WHAT THIS TASK INVOLVES
From the entries below, copy exactly the lines from the one that contains "then (erased.0, some" through the one that contains "load_node_db_internal st = nor.read", both included, and only those.

Stored data entries
--------------------
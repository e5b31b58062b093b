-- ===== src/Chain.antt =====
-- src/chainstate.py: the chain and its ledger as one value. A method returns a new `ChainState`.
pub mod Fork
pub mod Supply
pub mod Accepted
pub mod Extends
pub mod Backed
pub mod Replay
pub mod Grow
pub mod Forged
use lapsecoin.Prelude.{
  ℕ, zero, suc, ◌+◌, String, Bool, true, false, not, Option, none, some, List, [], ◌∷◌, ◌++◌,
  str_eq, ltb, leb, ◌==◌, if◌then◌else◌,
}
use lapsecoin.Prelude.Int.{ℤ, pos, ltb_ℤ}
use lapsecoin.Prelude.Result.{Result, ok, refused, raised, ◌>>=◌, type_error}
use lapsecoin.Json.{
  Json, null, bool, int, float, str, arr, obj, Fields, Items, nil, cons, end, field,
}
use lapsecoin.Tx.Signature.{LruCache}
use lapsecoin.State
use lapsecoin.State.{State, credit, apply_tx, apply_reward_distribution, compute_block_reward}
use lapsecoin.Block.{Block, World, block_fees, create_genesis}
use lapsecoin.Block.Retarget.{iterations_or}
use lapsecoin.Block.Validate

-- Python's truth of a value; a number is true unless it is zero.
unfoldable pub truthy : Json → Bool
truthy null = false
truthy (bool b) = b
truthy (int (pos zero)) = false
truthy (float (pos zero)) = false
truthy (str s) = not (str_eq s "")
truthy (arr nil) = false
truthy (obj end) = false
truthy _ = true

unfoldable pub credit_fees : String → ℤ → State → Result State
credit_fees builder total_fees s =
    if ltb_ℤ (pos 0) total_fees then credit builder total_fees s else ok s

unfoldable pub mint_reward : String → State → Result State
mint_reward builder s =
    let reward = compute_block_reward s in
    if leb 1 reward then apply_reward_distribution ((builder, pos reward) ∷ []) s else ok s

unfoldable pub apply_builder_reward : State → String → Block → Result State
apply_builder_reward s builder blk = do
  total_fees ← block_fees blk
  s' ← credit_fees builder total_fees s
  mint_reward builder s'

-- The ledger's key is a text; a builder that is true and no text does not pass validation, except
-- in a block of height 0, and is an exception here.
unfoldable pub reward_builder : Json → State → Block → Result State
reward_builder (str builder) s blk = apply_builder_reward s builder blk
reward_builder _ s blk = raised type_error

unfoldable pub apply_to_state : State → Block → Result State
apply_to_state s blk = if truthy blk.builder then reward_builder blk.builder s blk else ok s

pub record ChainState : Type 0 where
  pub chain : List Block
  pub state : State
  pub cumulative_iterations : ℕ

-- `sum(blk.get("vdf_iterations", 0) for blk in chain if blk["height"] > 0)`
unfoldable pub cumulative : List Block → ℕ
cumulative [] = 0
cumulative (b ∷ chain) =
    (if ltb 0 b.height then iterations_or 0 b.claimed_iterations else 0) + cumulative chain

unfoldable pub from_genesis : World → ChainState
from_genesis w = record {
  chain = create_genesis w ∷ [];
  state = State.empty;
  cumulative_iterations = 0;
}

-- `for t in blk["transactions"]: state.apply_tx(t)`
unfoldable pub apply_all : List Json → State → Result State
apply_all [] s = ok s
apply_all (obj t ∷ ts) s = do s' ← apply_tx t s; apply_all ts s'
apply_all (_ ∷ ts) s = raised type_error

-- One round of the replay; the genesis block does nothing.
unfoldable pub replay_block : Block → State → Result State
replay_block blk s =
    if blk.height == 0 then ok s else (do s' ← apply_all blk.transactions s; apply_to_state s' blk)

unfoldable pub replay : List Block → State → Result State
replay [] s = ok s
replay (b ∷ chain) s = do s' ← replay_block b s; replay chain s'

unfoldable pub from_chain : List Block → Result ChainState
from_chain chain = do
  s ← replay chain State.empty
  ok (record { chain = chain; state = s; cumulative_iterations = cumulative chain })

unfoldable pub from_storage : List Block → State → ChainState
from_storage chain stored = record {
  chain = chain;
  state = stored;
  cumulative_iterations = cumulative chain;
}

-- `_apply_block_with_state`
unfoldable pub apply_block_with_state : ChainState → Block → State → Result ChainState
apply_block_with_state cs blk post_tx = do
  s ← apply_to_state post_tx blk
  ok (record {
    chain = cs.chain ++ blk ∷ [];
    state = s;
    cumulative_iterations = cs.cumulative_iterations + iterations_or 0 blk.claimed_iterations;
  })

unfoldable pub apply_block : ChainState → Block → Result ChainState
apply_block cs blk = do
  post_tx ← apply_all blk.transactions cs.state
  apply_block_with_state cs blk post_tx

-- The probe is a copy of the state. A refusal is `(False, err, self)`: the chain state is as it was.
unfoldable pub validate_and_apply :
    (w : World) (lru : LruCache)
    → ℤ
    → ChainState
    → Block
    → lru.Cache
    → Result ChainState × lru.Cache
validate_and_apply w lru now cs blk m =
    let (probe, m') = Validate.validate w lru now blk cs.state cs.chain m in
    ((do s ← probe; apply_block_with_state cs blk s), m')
--------------------
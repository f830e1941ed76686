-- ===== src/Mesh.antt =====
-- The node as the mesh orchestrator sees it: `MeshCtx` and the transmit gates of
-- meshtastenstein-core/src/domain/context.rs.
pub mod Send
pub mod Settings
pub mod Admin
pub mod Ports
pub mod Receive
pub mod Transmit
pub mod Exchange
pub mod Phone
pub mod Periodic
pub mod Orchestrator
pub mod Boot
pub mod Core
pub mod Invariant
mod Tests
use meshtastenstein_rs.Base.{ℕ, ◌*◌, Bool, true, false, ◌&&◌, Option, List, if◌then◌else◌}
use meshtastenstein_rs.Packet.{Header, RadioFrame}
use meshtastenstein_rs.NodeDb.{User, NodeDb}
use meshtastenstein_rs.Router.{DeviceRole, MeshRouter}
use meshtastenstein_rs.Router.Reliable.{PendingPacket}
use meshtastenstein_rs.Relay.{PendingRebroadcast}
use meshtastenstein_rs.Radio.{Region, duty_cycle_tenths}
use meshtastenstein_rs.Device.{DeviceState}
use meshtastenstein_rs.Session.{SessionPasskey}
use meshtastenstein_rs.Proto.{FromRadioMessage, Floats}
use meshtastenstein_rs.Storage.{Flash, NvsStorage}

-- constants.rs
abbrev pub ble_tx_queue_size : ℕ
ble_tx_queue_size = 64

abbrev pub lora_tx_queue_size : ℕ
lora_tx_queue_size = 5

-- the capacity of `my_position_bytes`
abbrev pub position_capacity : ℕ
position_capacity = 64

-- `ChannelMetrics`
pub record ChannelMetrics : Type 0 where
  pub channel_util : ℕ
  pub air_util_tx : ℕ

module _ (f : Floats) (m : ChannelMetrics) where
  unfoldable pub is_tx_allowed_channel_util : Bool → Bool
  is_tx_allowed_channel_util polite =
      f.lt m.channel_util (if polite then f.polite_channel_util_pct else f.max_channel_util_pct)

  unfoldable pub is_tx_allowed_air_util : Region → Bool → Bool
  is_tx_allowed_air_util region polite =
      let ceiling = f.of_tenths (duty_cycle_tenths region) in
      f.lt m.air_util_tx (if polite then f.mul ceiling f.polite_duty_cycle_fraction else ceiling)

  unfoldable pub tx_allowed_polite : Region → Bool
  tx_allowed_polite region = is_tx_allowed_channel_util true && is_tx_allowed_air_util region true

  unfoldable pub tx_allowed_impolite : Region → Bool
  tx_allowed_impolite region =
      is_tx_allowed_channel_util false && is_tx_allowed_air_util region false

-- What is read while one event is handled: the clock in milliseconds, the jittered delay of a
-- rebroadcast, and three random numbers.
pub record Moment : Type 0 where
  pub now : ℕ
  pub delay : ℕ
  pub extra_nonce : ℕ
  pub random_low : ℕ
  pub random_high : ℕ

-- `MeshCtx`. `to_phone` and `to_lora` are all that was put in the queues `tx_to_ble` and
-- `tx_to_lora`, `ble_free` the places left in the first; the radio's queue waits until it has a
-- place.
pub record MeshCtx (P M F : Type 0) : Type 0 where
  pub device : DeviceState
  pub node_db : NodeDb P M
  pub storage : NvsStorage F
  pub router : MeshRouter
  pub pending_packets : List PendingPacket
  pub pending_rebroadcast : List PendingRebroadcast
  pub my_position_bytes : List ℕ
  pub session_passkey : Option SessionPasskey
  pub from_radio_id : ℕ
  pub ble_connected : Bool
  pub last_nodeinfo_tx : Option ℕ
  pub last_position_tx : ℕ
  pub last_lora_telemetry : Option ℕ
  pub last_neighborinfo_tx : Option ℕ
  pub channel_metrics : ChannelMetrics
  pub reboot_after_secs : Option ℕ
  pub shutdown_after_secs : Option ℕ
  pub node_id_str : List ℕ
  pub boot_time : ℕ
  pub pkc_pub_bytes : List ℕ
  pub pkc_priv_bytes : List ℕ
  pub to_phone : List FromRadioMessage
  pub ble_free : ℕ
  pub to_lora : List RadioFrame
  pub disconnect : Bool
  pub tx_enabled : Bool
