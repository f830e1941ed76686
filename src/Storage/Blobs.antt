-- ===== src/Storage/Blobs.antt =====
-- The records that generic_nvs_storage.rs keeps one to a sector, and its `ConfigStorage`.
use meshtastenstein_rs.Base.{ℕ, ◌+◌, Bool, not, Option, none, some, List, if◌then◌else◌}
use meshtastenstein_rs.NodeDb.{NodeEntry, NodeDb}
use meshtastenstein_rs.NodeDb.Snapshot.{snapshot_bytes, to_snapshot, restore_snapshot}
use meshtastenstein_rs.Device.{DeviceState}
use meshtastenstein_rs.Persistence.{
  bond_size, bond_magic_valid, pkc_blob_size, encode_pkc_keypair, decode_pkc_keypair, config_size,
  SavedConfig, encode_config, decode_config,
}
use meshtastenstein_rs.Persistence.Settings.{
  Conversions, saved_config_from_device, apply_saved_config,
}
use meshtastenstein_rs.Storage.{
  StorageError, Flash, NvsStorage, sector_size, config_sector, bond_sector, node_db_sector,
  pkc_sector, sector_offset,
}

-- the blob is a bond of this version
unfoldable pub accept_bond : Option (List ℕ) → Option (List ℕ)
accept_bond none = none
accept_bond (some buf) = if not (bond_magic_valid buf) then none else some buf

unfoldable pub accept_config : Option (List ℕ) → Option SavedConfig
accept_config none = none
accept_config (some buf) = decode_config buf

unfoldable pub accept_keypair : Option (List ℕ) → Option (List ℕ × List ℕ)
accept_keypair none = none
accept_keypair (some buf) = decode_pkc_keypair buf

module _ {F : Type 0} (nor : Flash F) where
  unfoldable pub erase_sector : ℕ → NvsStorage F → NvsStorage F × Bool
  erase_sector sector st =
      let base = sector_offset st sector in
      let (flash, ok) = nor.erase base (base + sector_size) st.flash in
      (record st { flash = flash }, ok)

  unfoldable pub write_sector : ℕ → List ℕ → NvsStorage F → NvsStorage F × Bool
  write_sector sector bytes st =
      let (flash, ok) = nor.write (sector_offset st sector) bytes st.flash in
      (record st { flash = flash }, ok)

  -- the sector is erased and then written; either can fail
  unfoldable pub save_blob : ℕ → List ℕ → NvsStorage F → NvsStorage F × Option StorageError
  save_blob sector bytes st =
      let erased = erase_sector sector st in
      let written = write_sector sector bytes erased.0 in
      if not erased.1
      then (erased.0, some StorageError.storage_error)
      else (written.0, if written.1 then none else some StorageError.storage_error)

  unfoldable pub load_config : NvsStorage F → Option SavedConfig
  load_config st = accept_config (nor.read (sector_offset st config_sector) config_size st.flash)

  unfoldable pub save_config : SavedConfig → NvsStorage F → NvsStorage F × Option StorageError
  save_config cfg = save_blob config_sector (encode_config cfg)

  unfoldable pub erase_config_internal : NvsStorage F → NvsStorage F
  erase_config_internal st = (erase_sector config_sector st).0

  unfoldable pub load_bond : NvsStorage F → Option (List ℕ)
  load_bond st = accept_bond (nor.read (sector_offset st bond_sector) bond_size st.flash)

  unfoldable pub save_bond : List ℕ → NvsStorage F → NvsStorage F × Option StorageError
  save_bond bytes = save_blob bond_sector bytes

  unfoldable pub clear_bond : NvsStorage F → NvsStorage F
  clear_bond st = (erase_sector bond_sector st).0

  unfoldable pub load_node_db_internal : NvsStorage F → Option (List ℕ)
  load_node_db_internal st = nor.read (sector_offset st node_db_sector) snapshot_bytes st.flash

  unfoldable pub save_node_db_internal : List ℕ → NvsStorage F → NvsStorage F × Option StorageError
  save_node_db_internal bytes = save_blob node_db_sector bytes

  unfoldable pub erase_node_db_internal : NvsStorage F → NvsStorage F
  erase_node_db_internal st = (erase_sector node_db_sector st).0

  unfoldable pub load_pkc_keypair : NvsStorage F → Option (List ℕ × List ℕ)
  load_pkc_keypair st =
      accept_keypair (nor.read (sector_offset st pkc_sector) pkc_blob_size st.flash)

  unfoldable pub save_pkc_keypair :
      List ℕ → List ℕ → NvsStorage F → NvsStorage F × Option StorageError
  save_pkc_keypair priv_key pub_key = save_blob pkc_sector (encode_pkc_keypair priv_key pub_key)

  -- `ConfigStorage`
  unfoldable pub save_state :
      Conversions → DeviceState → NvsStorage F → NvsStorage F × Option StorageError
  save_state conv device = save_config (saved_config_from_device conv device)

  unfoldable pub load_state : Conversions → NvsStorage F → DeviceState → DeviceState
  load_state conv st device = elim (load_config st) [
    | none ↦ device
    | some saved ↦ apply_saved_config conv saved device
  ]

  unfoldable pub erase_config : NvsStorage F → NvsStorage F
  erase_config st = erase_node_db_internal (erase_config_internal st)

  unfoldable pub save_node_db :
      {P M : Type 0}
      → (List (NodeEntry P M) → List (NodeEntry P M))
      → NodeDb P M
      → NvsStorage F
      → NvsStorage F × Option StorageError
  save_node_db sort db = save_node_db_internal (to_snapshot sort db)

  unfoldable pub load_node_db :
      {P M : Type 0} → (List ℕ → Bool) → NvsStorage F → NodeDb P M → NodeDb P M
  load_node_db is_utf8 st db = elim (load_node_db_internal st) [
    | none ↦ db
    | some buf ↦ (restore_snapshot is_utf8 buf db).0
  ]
--------------------
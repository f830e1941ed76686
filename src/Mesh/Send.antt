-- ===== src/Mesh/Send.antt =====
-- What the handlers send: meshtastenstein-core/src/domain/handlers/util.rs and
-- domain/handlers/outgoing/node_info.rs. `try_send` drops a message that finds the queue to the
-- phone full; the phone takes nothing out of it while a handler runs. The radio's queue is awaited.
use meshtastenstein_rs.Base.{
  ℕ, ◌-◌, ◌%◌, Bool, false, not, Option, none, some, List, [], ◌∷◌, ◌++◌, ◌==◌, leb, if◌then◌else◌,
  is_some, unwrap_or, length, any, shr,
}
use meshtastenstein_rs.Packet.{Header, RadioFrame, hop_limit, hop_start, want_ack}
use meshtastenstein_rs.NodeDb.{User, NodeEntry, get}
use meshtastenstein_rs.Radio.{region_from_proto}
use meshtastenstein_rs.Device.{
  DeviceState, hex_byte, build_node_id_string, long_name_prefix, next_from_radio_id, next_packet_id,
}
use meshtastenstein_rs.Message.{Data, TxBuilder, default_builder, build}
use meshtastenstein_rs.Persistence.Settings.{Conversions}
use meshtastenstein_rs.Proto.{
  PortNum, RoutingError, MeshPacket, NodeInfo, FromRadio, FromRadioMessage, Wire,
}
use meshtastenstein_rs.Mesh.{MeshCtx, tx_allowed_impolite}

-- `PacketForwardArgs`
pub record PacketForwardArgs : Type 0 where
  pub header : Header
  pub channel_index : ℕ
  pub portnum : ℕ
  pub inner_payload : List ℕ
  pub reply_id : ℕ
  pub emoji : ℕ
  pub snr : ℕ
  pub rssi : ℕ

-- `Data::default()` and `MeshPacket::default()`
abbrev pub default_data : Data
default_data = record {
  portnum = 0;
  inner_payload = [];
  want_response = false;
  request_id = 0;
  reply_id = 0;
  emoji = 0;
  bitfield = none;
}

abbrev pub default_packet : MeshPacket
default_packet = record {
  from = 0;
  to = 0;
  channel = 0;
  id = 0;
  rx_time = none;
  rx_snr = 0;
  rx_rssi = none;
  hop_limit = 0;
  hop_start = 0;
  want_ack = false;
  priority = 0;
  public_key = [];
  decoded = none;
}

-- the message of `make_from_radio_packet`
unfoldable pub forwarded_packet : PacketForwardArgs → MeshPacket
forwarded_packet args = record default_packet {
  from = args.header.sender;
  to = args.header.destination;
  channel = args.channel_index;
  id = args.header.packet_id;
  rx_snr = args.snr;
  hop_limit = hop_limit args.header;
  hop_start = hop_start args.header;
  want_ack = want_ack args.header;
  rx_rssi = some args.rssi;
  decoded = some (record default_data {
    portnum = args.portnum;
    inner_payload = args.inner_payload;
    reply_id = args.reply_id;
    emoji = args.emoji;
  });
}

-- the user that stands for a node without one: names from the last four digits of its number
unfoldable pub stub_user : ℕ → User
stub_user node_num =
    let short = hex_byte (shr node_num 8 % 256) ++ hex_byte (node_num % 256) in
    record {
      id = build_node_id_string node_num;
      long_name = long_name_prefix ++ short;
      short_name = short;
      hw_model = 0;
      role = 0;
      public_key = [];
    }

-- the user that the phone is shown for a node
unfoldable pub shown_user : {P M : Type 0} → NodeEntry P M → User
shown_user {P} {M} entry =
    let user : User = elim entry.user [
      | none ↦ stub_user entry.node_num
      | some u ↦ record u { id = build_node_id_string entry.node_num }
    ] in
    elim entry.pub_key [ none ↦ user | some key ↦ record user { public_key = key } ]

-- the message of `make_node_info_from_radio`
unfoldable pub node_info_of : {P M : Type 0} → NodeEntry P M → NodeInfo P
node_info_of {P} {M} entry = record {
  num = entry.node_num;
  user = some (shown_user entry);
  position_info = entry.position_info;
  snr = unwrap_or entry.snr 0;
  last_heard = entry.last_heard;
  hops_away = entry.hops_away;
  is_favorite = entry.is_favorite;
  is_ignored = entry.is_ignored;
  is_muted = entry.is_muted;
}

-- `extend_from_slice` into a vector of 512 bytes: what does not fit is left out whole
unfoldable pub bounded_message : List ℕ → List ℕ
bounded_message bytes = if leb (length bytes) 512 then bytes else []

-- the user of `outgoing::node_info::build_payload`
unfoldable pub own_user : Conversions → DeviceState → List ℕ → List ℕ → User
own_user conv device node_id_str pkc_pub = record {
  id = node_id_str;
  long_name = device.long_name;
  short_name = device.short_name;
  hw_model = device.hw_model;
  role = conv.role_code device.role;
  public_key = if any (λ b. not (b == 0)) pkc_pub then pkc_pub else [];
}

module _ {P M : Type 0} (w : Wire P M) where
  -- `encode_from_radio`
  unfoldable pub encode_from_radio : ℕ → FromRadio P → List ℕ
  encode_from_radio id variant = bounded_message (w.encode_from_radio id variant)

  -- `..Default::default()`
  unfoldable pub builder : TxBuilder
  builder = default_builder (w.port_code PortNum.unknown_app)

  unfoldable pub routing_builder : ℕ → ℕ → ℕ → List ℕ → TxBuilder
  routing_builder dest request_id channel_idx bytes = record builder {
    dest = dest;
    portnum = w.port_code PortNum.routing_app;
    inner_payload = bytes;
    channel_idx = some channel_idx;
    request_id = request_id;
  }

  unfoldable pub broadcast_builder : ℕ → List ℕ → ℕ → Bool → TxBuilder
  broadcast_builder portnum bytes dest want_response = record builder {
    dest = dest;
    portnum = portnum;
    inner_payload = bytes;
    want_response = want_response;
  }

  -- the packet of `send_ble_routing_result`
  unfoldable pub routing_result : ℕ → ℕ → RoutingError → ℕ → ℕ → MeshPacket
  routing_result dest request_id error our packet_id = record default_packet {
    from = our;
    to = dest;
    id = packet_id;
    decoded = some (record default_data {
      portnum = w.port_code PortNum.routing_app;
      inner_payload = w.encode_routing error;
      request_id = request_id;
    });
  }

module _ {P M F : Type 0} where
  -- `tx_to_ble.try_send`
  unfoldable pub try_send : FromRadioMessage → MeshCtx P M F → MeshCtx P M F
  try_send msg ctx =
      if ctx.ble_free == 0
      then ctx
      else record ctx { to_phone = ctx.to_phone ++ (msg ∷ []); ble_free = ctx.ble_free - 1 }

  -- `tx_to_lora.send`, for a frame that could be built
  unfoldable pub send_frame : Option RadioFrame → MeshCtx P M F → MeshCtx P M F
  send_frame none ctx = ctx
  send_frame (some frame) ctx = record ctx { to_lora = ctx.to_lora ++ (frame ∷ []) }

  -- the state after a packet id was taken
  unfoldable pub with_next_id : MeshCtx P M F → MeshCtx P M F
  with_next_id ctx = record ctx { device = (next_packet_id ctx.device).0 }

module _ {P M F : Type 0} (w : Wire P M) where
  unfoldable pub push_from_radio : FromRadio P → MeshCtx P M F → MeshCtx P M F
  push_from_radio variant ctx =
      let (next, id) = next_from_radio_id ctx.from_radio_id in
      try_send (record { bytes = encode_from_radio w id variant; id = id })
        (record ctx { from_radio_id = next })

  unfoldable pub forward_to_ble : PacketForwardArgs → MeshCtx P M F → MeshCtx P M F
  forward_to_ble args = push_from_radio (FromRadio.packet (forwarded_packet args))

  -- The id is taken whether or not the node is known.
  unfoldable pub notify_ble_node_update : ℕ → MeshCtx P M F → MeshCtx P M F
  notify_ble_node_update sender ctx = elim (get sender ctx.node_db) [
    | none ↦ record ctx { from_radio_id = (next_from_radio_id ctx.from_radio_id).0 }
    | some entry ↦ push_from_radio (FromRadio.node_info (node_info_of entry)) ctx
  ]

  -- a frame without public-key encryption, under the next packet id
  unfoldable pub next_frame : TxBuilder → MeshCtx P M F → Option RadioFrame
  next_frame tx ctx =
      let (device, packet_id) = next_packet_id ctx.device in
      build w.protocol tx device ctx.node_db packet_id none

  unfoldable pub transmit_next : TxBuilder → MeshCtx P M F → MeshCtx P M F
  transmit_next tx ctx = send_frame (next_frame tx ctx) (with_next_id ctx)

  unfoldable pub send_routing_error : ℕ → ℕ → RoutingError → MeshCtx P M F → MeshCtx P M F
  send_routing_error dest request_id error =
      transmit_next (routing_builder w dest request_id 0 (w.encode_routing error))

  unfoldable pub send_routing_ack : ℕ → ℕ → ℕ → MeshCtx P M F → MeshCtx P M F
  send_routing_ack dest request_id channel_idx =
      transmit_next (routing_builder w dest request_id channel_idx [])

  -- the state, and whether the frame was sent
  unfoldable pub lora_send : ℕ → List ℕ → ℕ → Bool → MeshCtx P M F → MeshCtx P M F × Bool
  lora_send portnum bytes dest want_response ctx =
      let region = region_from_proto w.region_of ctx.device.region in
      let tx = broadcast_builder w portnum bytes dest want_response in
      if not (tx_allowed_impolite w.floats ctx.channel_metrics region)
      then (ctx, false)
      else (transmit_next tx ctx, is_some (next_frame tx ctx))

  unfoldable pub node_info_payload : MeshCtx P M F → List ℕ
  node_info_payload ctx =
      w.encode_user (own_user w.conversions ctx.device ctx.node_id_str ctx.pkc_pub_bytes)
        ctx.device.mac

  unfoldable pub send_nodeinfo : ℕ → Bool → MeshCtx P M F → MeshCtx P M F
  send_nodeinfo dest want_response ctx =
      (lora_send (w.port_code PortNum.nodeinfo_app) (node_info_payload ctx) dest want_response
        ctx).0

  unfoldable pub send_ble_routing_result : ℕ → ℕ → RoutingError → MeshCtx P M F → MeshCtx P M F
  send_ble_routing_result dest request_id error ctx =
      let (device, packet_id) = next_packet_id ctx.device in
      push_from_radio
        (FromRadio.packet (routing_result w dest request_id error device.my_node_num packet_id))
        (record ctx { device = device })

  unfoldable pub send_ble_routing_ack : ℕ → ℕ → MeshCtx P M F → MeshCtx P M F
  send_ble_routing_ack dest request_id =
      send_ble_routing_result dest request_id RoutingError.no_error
--------------------
ANSWER SECTION
      then (erased.0, some StorageError.storage_error)
      else (written.0, if written.1 then none else some StorageError.storage_error)

  unfoldable pub load_config : NvsStorage F → Option SavedConfig
  load_config st = accept_config (nor.read (sector_offset st config_sector) config_size st.flash)

  unfoldable pub save_config : SavedConfig → NvsStorage F → NvsStorage F × Option StorageError
  save_config cfg = save_blob config_sector (encode_config cfg)

  unfoldable pub erase_config_internal : NvsStorage F → NvsStorage F
  erase_config_internal st = (erase_sector config_sector st).0

  unfoldable pub load_bond : NvsStorage F → Option (List ℕ)
  load_bond st = accept_bond (nor.read (sector_offset st bond_sector) bond_size st.flash)

  unfoldable pub save_bond : List ℕ → NvsStorage F → NvsStorage F × Option StorageError
  save_bond bytes = save_blob bond_sector bytes

  unfoldable pub clear_bond : NvsStorage F → NvsStorage F
  clear_bond st = (erase_sector bond_sector st).0

  unfoldable pub load_node_db_internal : NvsStorage F → Option (List ℕ)
  load_node_db_internal st = nor.read (sector_offset st node_db_sector) snapshot_bytes st.flash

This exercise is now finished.